10. Ceza Dairesi Esas No: 2016/1146 Karar No: 2016/1962 Karar Tarihi: 21.06.2016
Uyuşturucu madde ticareti yapma - Yargıtay 10. Ceza Dairesi 2016/1146 Esas 2016/1962 Karar Sayılı İlamı
Özet:
Mahkeme, uyuşturucu madde ticareti yapmak suçundan sanığın mahkum edildiğini belirtti. Hapis cezasının süresine göre sanık müdafiinin duruşma isteği reddedilerek duruşmasız inceleme yapıldı. Bozma kararına uyulduğu ve yargılama sürecinin yasaya uygun yapıldığı belirtildi. Ancak sanığın dilekçesinde uyuşturucu maddelerin sahibinin başka biri olduğu belirtildiği için, bu kişi hakkında dava açılmış ve sonuçlanmış ise dosyasının getirtilerek bu davayla birleştirilmesi gerektiği vurgulandı. Ayrıca, 5237 sayılı TCK’nın 192. maddesinin 3. fıkrasında öngörülen etkin pişmanlık hükmünün sanık hakkında uygulanıp uygulanmayacağı tartışılması gerektiği vurgulandı. Kanun maddeleri olarak; hükmedilen hapis cezasının süresine göre, 5320 sayılı Kanun'un 8. maddesin'in 1. fıkrası ile CMUK'nın 318 ve CMK'nın 299. maddeleri uyarınca karar verildiği belirtildi.

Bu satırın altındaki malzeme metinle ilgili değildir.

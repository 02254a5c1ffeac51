-- ===== src/Markdown/Tags/Escape.antt =====
-- A text that the editor escapes holds no tag when it is read back.
use memos_note.Common.{
  leb, ◌==◌, Bool-cases, length, All, Text, ℕ, zero, suc, ◌≡◌, refl, ap, ◌∙◌, ◌≢◌, inl, inr, Bool,
  true, false, not, ◌&&◌, Option, none, List, [], ◌∷◌, arith,
}
use memos_note.Markdown.Tags.{
  max_tag_length, hash, backslash, Cell, chars, unescape_backslashes, take_while, drop_while,
  is_open_hash, is_text, is_tag_cell, next_segment, parse_from, parse_segments, run_length,
  escape_tag_hashes,
}

abbrev is_short_cells : (ℕ → Bool) → List Cell → Bool
is_short_cells is_tag_char cs =
    leb 1 (length (chars (take_while (is_tag_cell is_tag_char) cs)))
    && leb (length (chars (take_while (is_tag_cell is_tag_char) cs))) max_tag_length

-- No hash that is open has a run of a tag's length behind it.
abbrev HasNoTag : (ℕ → Bool) → List Cell → Type 0
HasNoTag is_tag_char [] = Unit
HasNoTag is_tag_char (c ∷ cs) =
    (is_open_hash c ≡ true → is_short_cells is_tag_char cs ≡ false) × HasNoTag is_tag_char cs

abbrev is_short_run : (ℕ → Bool) → Text → Bool
is_short_run is_tag_char s =
    leb 1 (run_length is_tag_char s) && leb (run_length is_tag_char s) max_tag_length

unescape_backslashes-hash :
    (s : Text)
    → unescape_backslashes (backslash ∷ hash ∷ s)
      ≡ record { char = hash; escaped = true } ∷ unescape_backslashes s
unfolding unescape_backslashes
unescape_backslashes-hash s = refl

module _ (is_tag_char : ℕ → Bool) where
  -- What a text's cells are once it has been escaped and read back.
  marked : Text → List Cell
  marked [] = []
  marked (c ∷ s) =
      record { char = c; escaped = (c == hash) && is_short_run is_tag_char s } ∷ marked s

  chars-marked : (s : Text) → chars (marked s) ≡ s
  unfolding marked
  chars-marked [] = refl
  chars-marked (c ∷ s) = ap (λ t. c ∷ t) (chars-marked s)

  length-take_while-marked :
      (s : Text)
      → length (chars (take_while (is_tag_cell is_tag_char) (marked s))) ≡ run_length is_tag_char s
  unfolding marked
  length-take_while-marked [] = refl
  length-take_while-marked (c ∷ s) = ground (arith, length-take_while-marked s)

  marked-HasNoTag : (s : Text) → HasNoTag is_tag_char (marked s)
  unfolding marked
  marked-HasNoTag [] = tt
  marked-HasNoTag (c ∷ s) = (λ h. rw (length-take_while-marked s) (ground arith), marked-HasNoTag s)

  unescape_backslashes-plain :
      (c : ℕ) (s : Text)
      → c ≢ backslash
      → unescape_backslashes (c ∷ s) ≡ record { char = c; escaped = false } ∷ unescape_backslashes s
  unfolding unescape_backslashes
  unescape_backslashes-plain c [] h = refl
  unescape_backslashes-plain c (d ∷ s) h = ground arith

  unescape-escape :
      (s : Text)
      → All (λ c. c ≢ backslash) s
      → unescape_backslashes (escape_tag_hashes is_tag_char s) ≡ marked s
  unfolding marked escape_tag_hashes
  unescape-escape [] h = unfold unescape_backslashes in refl
  unescape-escape (c ∷ s) (h, hs) = elim (Bool-cases ((c == hash) && is_short_run is_tag_char s)) [
    | inl e ↦
        let c-hash : c ≡ hash = ground arith in
        rw (e, c-hash)
          (unescape_backslashes-hash _
            ∙ ap (λ cs. record { char = hash; escaped = true } ∷ cs) (unescape-escape s hs))
    | inr e ↦ rw e (
        unescape_backslashes-plain c _ h
        ∙ ap (λ cs. record { char = c; escaped = false } ∷ cs) (unescape-escape s hs))
  ]

  drop_while-HasNoTag :
      (p : Cell → Bool) (cs : List Cell)
      → HasNoTag is_tag_char cs
      → HasNoTag is_tag_char (drop_while p cs)
  drop_while-HasNoTag p [] h = tt
  drop_while-HasNoTag p (c ∷ cs) h = elim (Bool-cases (p c)) [
    | inl e ↦ rw e (drop_while-HasNoTag p cs h.1)
    | inr e ↦ rw e h
  ]

  next_segment_of_HasNoTag :
      (prev : Option ℕ) (c : Cell) (cs : List Cell)
      → HasNoTag is_tag_char (c ∷ cs)
      → (is_text (next_segment is_tag_char prev c cs).0 ≡ true)
        × HasNoTag is_tag_char (next_segment is_tag_char prev c cs).1
  unfolding next_segment
  next_segment_of_HasNoTag prev c cs h =
      ground (arith, drop_while-HasNoTag (λ d. not (is_open_hash d)) cs)

  parse_from_of_HasNoTag :
      (fuel : ℕ) (prev : Option ℕ) (cs : List Cell)
      → HasNoTag is_tag_char cs
      → All (λ s. is_text s ≡ true) (parse_from is_tag_char fuel prev cs)
  unfolding parse_from
  parse_from_of_HasNoTag zero prev cs h = tt
  parse_from_of_HasNoTag (suc fuel) prev [] h = tt
  parse_from_of_HasNoTag (suc fuel) prev (c ∷ cs) h =
      let (is_plain, rest) = next_segment_of_HasNoTag prev c cs h in
      (is_plain, parse_from_of_HasNoTag fuel _ _ rest)

  -- A text without backslashes that is escaped and then read back has the same characters, and no
  -- segment of it is a tag.
  pub parse_segments-escape_tag_hashes :
      (s : Text)
      → All (λ c. c ≢ backslash) s
      → let cells = unescape_backslashes (escape_tag_hashes is_tag_char s) in
        (chars cells ≡ s) × All (λ g. is_text g ≡ true) (parse_segments is_tag_char cells)
  unfolding parse_segments
  parse_segments-escape_tag_hashes s h = rw (unescape-escape s h) (
    chars-marked s,
    parse_from_of_HasNoTag (suc (length (marked s))) none (marked s) (marked-HasNoTag s),
  )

10. Ceza Dairesi 2016/1146 E. , 2016/1962 K.
"İçtihat Metni"
Mahkeme : ... Ağır Ceza Mahkemesi Suç : Uyuşturucu madde ticareti yapma Hüküm : Mahkûmiyet
Dosya incelendi. GEREĞİ GÖRÜŞÜLÜP DÜŞÜNÜLDÜ : Hükmedilen hapis cezasının süresine göre, 5320 sayılı Kanun"un 8. maddesin"in 1. fıkrası ile CMUK"nın 318 ve CMK"nın 299. maddeleri uyarınca sanık müdafiinin duruşma isteğinin reddine karar verilerek duruşmasız inceleme yapılmıştır. Bozmaya uyulduğu, yargılama sürecindeki işlemlerin yasaya uygun olarak yapıldığı, delillerin gerekçeli kararda gösterilip tartışıldığı, vicdanî kanının dosya içindeki belge ve bilgilerle uyumlu olarak kesin verilere dayandırıldığı, eylemin sanık tarafından gerçekleştirildiğinin saptandığı, eyleme uyan suç tipinin doğru biçimde belirlendiği anlaşıldığından, yerinde görülmeyen diğer temyiz itirazlarının reddine, ancak; Sanığın 22.01.2015 tarihli dilekçesinde uyuşturucu maddelerin sahibinin Mesut olarak bilinen Hakkari nüfusuna kayıtlı Mesiha Şener olduğunu belirttiği anlaşıldığından; adı geçen hakkında dava açılmış ve derdest ise bu dava ile birleştirilmesi, sonuçlanmış ve hüküm kesinleşmiş ise dosyasının getirtilerek bu dosya içine konulması; adı geçen hakkında herhangi bir soruşturma olmadığı takdirde, Cumhuriyet savcısına suç duyurusunda bulunulması, dava açıldığı takdirde birleştirilmesi, sonucuna göre, tüm deliller birlikte değerlendirilerek sanık hakkında 5237 sayılı TCK’nın 192. maddesinin 3. fıkrasında öngörülen etkin pişmanlık hükmünün uygulanıp uygulanmayacağının tartışılması gerektiğinin gözetilmemesi, Yasaya aykırı, sanık müdafiinin temyiz itirazları bu nedenle yerinde olduğundan, hükmün BOZULMASINA, 21.06.2016 tarihinde oybirliğiyle karar verildi.